**YOUR ASSIGNMENT:**
Only lines with the string "masked" matter here; gather them from the material below.

**GIVEN RECORDS:**
+++++
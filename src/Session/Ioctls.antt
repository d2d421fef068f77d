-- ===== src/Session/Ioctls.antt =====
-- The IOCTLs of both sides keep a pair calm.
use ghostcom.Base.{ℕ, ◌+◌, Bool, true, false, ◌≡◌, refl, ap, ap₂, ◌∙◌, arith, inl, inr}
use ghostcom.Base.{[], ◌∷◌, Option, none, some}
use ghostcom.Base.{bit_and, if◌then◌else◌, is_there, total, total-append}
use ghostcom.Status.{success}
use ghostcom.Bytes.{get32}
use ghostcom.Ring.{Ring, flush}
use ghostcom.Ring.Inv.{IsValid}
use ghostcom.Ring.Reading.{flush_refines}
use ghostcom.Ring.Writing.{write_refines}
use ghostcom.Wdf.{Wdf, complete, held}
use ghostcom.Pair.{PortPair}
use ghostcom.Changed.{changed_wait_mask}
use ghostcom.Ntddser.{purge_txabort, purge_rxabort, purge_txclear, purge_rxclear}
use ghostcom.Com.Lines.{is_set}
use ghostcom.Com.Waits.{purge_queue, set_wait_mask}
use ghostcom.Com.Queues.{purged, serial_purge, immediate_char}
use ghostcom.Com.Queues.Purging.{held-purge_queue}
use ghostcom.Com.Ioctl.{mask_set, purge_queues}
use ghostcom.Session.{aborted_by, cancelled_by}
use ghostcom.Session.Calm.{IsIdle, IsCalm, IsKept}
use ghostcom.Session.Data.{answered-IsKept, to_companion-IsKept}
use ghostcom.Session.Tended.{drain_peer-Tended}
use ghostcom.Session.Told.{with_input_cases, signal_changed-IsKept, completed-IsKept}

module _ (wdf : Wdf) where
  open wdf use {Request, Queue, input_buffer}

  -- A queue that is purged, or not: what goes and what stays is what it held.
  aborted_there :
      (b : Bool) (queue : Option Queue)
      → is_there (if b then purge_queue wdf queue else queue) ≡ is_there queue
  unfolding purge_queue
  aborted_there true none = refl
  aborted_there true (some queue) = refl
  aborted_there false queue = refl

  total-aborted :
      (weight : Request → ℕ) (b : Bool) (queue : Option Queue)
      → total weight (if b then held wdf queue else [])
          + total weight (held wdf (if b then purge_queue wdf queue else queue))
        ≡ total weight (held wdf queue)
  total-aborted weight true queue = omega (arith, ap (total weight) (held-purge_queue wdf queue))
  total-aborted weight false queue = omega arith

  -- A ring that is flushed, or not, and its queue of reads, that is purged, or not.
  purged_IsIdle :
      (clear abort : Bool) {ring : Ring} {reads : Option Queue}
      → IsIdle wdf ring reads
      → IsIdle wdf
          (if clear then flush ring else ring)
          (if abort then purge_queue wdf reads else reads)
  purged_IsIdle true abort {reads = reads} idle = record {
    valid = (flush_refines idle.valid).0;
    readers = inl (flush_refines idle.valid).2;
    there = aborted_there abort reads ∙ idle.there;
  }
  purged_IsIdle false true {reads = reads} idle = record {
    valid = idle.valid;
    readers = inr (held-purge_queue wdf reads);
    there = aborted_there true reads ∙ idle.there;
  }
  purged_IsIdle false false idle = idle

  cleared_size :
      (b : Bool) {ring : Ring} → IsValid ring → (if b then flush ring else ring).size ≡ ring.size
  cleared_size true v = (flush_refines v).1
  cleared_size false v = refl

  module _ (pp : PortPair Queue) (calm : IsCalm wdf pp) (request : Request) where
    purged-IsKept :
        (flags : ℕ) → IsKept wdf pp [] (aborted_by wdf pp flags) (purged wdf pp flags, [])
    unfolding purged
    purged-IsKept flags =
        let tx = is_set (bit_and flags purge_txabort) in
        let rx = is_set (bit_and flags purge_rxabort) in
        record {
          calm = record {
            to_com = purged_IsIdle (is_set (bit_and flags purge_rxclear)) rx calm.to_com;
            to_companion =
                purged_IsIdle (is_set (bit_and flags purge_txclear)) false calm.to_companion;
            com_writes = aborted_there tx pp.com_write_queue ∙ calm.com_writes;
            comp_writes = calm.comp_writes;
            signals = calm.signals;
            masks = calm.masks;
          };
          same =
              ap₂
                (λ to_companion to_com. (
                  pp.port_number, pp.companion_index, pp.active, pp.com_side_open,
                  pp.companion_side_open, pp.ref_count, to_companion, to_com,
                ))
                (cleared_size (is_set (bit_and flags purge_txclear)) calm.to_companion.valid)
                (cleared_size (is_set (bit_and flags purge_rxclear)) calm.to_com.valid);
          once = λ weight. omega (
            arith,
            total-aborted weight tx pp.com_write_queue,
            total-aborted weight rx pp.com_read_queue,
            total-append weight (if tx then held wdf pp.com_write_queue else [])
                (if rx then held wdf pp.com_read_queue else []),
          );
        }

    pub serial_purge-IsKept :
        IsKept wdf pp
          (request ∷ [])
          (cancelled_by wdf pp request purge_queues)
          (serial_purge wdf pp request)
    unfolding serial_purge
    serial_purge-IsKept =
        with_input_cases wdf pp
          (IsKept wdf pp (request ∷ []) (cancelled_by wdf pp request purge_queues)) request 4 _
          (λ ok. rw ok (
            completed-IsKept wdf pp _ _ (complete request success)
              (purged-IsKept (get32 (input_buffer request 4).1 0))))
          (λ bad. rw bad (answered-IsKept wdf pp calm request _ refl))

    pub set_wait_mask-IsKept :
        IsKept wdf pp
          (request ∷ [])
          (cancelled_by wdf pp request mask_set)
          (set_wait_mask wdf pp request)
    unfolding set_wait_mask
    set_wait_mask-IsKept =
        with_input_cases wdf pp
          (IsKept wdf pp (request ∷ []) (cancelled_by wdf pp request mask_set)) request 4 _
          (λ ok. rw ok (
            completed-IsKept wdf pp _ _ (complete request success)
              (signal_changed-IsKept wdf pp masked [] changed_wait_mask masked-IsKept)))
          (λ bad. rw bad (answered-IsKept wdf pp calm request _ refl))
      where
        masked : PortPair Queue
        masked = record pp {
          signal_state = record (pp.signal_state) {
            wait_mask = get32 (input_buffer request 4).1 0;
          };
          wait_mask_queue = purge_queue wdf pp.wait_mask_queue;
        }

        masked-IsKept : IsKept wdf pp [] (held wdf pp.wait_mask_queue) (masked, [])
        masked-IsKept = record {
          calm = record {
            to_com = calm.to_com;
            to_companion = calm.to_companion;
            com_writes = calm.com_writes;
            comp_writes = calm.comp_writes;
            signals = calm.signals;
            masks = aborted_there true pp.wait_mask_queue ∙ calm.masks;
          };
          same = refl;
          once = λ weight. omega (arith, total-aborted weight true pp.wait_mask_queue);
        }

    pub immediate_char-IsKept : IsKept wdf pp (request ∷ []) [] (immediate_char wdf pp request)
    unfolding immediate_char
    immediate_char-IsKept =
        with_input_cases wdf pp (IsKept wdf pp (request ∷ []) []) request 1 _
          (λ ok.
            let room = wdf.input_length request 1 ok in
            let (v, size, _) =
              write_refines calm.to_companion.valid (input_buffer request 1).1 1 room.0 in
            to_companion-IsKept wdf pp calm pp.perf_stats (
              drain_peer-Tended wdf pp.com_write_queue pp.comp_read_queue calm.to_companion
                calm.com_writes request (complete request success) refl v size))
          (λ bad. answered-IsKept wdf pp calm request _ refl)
+++++
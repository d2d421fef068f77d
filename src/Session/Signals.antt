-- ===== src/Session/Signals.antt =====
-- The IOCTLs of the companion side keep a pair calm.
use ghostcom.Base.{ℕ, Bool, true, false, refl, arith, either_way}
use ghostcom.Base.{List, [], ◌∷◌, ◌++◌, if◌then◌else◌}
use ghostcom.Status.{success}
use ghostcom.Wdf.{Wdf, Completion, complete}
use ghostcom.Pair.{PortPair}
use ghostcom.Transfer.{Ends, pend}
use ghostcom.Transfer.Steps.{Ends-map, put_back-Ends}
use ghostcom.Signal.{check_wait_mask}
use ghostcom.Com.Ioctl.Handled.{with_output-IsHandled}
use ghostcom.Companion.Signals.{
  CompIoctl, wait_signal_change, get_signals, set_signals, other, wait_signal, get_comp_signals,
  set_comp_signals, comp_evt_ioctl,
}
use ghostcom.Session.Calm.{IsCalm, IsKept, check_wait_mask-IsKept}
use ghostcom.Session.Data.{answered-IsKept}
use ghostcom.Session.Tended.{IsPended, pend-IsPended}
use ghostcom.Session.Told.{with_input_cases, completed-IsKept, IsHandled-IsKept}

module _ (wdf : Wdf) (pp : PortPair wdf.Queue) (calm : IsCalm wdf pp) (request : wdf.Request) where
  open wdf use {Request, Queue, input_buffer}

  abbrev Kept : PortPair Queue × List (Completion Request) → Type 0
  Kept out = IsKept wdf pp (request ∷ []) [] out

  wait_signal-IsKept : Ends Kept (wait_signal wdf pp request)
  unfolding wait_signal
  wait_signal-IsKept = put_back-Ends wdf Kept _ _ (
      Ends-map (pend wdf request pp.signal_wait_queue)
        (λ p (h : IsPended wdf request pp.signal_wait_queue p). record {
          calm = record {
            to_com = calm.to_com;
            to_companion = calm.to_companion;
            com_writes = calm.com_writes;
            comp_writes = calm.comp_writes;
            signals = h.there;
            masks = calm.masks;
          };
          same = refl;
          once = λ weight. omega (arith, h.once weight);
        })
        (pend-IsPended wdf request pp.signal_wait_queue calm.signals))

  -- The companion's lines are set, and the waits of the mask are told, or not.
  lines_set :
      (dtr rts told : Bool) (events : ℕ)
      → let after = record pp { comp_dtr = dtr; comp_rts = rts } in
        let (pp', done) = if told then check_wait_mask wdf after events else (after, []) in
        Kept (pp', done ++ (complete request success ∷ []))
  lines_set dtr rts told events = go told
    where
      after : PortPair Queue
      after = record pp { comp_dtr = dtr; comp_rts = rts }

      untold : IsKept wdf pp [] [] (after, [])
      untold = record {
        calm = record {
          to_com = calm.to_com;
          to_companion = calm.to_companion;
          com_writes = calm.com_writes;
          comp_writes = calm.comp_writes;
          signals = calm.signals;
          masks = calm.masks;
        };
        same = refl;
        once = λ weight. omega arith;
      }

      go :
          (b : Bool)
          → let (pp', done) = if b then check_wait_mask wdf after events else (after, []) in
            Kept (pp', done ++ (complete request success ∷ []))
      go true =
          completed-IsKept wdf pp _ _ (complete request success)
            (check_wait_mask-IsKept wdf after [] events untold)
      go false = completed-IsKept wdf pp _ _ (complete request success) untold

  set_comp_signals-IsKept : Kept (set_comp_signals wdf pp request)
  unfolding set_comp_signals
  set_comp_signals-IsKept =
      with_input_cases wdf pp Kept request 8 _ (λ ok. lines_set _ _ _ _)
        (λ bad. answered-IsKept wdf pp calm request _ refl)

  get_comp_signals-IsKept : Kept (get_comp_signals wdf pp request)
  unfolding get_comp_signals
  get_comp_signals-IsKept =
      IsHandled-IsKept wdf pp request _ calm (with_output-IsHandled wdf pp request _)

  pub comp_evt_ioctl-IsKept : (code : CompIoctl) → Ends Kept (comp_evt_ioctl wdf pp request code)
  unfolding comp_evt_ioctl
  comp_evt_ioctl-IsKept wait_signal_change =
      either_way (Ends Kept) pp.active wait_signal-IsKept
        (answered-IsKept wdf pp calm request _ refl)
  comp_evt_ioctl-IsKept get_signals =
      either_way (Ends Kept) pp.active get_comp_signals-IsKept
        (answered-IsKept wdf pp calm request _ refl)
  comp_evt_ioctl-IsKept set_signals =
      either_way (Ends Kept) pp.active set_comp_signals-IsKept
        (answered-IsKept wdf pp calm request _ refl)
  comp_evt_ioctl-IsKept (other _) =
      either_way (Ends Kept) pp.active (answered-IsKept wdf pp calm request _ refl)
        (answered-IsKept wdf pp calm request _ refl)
+++++
**FINISHED TASK:**
              (signal_changed-IsKept wdf pp masked [] changed_wait_mask masked-IsKept)))
        masked : PortPair Queue
        masked = record pp {
        masked-IsKept : IsKept wdf pp [] (held wdf pp.wait_mask_queue) (masked, [])
        masked-IsKept = record {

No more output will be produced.